-- Entries shown follows --

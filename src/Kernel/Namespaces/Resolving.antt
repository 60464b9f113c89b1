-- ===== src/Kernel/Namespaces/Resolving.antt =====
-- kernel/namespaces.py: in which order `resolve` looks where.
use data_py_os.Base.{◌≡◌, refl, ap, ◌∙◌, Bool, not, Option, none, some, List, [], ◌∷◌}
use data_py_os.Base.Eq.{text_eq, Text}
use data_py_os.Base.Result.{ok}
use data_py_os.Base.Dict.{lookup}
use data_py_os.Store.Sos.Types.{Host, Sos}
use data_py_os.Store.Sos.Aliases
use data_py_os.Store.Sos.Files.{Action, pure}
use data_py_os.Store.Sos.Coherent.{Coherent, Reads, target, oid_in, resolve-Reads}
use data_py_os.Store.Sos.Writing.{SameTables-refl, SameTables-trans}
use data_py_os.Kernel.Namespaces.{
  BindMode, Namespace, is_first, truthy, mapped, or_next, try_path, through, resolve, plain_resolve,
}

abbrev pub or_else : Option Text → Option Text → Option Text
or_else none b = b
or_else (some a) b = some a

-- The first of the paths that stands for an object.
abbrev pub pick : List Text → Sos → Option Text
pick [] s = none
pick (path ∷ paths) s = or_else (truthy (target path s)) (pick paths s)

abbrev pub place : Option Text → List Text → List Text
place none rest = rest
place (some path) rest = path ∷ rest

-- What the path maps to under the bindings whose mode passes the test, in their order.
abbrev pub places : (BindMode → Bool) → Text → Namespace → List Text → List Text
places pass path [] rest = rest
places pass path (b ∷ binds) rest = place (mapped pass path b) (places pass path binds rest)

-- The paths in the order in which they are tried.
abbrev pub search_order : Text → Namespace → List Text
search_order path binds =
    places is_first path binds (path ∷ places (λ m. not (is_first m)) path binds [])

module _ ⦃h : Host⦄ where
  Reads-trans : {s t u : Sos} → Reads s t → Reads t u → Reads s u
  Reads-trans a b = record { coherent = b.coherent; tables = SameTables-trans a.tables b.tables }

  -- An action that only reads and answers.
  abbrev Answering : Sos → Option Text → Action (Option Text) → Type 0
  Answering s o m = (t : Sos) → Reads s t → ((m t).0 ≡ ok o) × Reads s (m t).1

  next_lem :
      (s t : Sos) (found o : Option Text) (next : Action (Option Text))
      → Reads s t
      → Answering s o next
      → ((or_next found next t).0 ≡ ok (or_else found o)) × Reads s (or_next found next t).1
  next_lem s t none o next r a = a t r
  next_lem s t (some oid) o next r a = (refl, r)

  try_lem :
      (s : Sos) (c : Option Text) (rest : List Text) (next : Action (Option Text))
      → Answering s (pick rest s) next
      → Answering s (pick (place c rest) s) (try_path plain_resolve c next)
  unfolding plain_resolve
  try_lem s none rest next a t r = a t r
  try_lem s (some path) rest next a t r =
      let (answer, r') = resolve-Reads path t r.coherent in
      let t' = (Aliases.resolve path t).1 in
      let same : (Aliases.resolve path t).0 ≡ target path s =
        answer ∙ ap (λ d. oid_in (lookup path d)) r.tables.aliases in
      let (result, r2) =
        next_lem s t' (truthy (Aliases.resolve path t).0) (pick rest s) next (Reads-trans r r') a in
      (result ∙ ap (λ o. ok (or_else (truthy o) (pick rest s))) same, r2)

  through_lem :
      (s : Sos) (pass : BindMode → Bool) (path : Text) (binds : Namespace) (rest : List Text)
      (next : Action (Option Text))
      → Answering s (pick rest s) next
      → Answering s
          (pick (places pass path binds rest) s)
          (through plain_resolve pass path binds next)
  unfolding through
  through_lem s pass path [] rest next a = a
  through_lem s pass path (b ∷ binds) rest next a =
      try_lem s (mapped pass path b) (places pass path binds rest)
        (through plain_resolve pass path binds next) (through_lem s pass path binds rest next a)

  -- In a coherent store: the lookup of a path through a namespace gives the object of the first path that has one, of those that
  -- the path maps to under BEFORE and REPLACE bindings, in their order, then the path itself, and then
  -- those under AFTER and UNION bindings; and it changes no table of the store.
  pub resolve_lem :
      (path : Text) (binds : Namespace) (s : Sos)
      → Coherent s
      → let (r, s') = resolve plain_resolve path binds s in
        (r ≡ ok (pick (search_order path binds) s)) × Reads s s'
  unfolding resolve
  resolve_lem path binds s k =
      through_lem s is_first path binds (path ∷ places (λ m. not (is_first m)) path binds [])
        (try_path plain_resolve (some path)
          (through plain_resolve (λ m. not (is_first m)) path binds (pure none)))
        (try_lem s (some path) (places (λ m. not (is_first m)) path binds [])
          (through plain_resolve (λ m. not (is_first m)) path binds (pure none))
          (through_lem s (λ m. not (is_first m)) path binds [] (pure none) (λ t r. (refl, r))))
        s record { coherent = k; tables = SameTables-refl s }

-- Entries shown concluded --
-- Entries shown follows --

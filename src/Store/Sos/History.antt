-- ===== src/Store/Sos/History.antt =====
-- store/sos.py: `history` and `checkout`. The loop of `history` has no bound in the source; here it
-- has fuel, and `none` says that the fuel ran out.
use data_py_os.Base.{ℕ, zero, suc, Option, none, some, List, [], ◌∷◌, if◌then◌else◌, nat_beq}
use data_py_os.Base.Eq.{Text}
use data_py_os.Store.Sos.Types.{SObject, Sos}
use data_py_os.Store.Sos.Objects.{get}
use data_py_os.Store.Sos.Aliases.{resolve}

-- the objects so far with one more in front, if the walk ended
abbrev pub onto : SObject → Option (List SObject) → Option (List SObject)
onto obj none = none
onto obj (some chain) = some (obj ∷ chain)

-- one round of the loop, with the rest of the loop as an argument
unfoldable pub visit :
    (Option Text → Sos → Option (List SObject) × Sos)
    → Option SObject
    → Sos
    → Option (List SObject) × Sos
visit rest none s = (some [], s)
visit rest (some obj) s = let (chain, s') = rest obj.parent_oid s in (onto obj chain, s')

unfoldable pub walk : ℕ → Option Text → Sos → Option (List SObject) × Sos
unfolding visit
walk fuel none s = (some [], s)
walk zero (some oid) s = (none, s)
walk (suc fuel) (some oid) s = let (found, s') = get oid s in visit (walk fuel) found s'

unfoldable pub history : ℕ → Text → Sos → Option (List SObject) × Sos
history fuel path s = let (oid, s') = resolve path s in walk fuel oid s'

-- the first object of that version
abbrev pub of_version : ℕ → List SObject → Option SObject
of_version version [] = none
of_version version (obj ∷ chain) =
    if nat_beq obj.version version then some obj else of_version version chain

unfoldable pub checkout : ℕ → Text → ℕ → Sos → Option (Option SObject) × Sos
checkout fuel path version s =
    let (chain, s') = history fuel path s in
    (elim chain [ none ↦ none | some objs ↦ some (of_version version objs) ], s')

-- Entries shown concluded --

**Exercise objective**
For this task, copy every line of the material in which "Answering" appears.

**Written reply**
  abbrev Answering : Sos → Option Text → Action (Option Text) → Type 0
  Answering s o m = (t : Sos) → Reads s t → ((m t).0 ≡ ok o) × Reads s (m t).1
      → Answering s o next
      → Answering s (pick rest s) next
      → Answering s (pick (place c rest) s) (try_path plain_resolve c next)
      → Answering s (pick rest s) next
      → Answering s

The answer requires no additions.